:: Source material

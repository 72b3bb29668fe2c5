-- ===== src/Snapz/Tests.antt =====
-- Bytes and records at concrete values. The packer is the identity, which `inflate` undoes.
use ewb_server.Base.{ℕ, refl, pos, negsuc, List, [], ◌∷◌, arith}
use ewb_server.Region.{SnapRec}
use ewb_server.Snapz.{encode_snapz}
use ewb_server.Snapz.Frames.{IsFrame, encode_snapz-IsFrame}

abbrev same_bytes : List ℕ → List ℕ
same_bytes raw = raw

abbrev records : List SnapRec
records = record { x = pos 65536; y = pos 33; z = pos 65537; flag = pos 1; type = negsuc 0 } ∷ []

encode_snapz-IsFrame_example : IsFrame same_bytes (encode_snapz same_bytes records) records
encode_snapz-IsFrame_example =
    encode_snapz-IsFrame same_bytes same_bytes (λ raw h. (h, refl)) records
      (
        record {
          x = omega arith;
          y = omega arith;
          z = omega arith;
          flag = omega arith;
          type = omega arith;
        },
        tt,
      )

::::

## [What you are asked to do]
Please copy every line of the records above in which "refl" appears.

## [Solution to this exercise]
use ewb_server.Base.{ℕ, refl, pos, negsuc, List, [], ◌∷◌, arith}
    encode_snapz-IsFrame same_bytes same_bytes (λ raw h. (h, refl)) records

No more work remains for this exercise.